An artificial neural network is a mathematical processing method that simulates neurons in biological neural systems. Since its invention, it has been rapidly developed and applied across numerous fields. In 1989, Cun et al. introduced a convolutional neural network model called LeNet-5 based on the error backpropagation algorithm, which demonstrated promising results in handwritten digit recognition tasks (7). Since then, various models have been proposed, including convolutional neural networks (CNNs) (8), deep belief networks (9), AlexNet (10), generative adversarial networks (11), and neural network models based on self-attention mechanism transformer (12), among others. These models have been widely applied in image recognition and generation (8,11), target detection (7,8), feature extraction, classification, and generation (9), natural language processing (12), and more. The network can act as an expert system due to its parallel processing style, self-learning ability, memory capacity, and ability to predict the development of events. There are several studies in areas such as medical assisted diagnosis (13-16), for example, the use of 2 preoperative medical image modalities for multiclassification of thyroid diseases (i.e., normal, thyroiditis, cystic, multinodular goiter, adenoma, and cancer). Other research has constructed a diagnostic model for thyroid diseases using the currently state-of-the-art deep CNN architecture for differentiating disease types (17-19).

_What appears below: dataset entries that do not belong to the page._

-- ===== src/Memory/Boxed.antt =====
-- A C structure and the Rust box that its user pointer leads to: what every request and every
-- handle of the crate is in memory.
use libuv_rs.Common.{◌≡◌, ◌≢◌, ◌==◌, false, sym, ◌∙◌, some, none, ◌∷◌, ==_refl, ==_ne, ne_sym}
use libuv_rs.Memory.{Ptr, null, Layout, Fields, Block, struct, Heap, lookup, erase, update}
use libuv_rs.Memory.Effect.{Env, IsAllocator}
use libuv_rs.Memory.Laws.{
  lookup-cons_self, lookup-cons_ne, ne_of_lookup, lookup-erase_ne, lookup-update_self, erase_comm,
}

-- The structure at `p`, with the fields `f`, owns the box `b` at `q`.
pub record Boxed (h : Heap) (l : Layout) (p q : Ptr) (b : Block) (f : Fields) : Type 0 where
  pub p_not_null : p ≢ null
  pub q_not_null : q ≢ null
  pub apart : q ≢ p
  pub p_holds : lookup p h ≡ some (struct l (record { data_ptr = some q; fields = f }))
  pub q_holds : lookup q h ≡ some b
  -- No other block stands at either address.
  pub p_once : lookup p (erase p h) ≡ none
  pub q_once : lookup q (erase q h) ≡ none

-- The heap with a new structure and its box in front.
abbrev pub with_box : Layout → Ptr → Ptr → Block → Fields → Heap → Heap
with_box l p q b f h = (q, b) ∷ (p, struct l (record { data_ptr = some q; fields = f })) ∷ h

module _ {h : Heap} {l : Layout} {p q : Ptr} {b : Block} {f : Fields} (o : Boxed h l p q b f) where
  pub lookup-erased_box : (c : Block) → lookup p (update p c (erase q h)) ≡ some c
  lookup-erased_box c =
      lookup-update_self p c (erase q h) (lookup-erase_ne p q h o.apart ∙ o.p_holds)

  -- Without both, the address of the structure is free.
  pub lookup-both_erased : lookup p (erase p (erase q h)) ≡ none
  lookup-both_erased =
      rw (erase_comm p q h o.apart) (lookup-erase_ne p q (erase p h) o.apart ∙ o.p_once)

-- A structure that was just made, with the fields `f0` when its box is allocated.
module _ (env : Env) (l : Layout) (f0 : Fields) (h : Heap) where
  abbrev pub fresh_ptr : Ptr
  fresh_ptr = env.alloc h l

  abbrev pub without_box : Heap
  without_box = (fresh_ptr, struct l (record { data_ptr = none; fields = f0 })) ∷ h

  abbrev pub fresh_box : Ptr
  fresh_box = env.box_new without_box

  abbrev pub fresh_heap : Block → Fields → Heap
  fresh_heap b f = with_box l fresh_ptr fresh_box b f h

  -- Freeing both at once leaves the heap as it was.
  pub erase-fresh_heap :
      (b : Block) (f : Fields) → erase fresh_ptr (erase fresh_box (fresh_heap b f)) ≡ h
  unfolding erase
  erase-fresh_heap b f = rw (==_refl fresh_box, ==_refl fresh_ptr)

  module _ (law : IsAllocator env) (got : fresh_ptr ≢ null) where
    box_taken : lookup fresh_box without_box ≡ none
    box_taken = law.box_fresh _

    pub fresh_apart : fresh_box ≢ fresh_ptr
    fresh_apart = λ same.
        ne_of_lookup fresh_ptr fresh_box _ (lookup-cons_self fresh_ptr _ h) box_taken (sym same)

    pub fresh_ne : (fresh_box == fresh_ptr) ≡ false
    fresh_ne = ==_ne fresh_box fresh_ptr fresh_apart

    fresh_ne_sym : (fresh_ptr == fresh_box) ≡ false
    fresh_ne_sym = ==_ne fresh_ptr fresh_box (ne_sym fresh_apart)

    fresh_box_free : lookup fresh_box h ≡ none
    fresh_box_free = sym (lookup-cons_ne fresh_box fresh_ptr _ h (ne_sym fresh_apart)) ∙ box_taken

    pub fresh-Boxed : (b : Block) (f : Fields) → Boxed (fresh_heap b f) l fresh_ptr fresh_box b f
    unfolding lookup erase
    fresh-Boxed b f = record {
      p_not_null = got;
      q_not_null = law.box_not_null _;
      apart = fresh_apart;
      p_holds = rw (fresh_ne, ==_refl fresh_ptr);
      q_holds = rw (==_refl fresh_box);
      p_once = simp (fresh_ne, ==_refl) (law.alloc_fresh h l got);
      q_once = simp (==_refl, fresh_ne_sym) fresh_box_free;
    }

    -- A write to the fields.
    pub update-fresh_heap :
        (b : Block) (f g : Fields)
        → update fresh_ptr
            (struct l (record { data_ptr = some fresh_box; fields = g }))
            (fresh_heap b f)
          ≡ fresh_heap b g
    unfolding update
    update-fresh_heap b f g = rw (fresh_ne, ==_refl fresh_ptr)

Although artificial neural networks have provided enhanced results in medical assisted diagnosis, improving the network better requires considerable computation time. Cheng et al. (20) and Cammarasana et al. (21) conducted research on using artificial neural networks for the auxiliary diagnosis of thyroid nodule ultrasound data with an analysis rate of 10 frames per second and 40 frames per second, respectively. With the increasing demand for detailed ultrasound data in clinical practice, high frame rate ultrasound imaging devices have gained attention and have been put into practice. These devices can obtain ultrasound data at a speed of over 50 frames per second (22). However, the processing speed of traditional electronic artificial intelligence networks is slower than the contrast speed of high frame rate ultrasound devices. Hence, these networks are currently unable to analyze high frame rate ultrasound data frame by frame and assist in diagnosis. In-depth research on artificial neural networks has revealed that achieving breakthroughs in processing units and improving the computational speed of the network is challenging due to the limitations of Moore’s law and other related factors (23).
With the development of optical and optoelectronic technology, researchers are increasingly investigating optical neural networks, including on-chip integrated optical neural networks based on Mach-Zendel interferometer topological cascade architecture (24), multimode optical CNNs based on pulse code modulation (25), and diffraction neural networks (26). Among them, diffractive neural networks have received more attention due to their simple structure, low energy consumption, and short processing time. For example, studies have been conducted on improving the energy efficiency of core computational modules and the robustness of diffractive neural networks (27), image classification (28), target detection and recognition (29-31), etc. However, optical diffractive neural networks have rarely been used in medical research.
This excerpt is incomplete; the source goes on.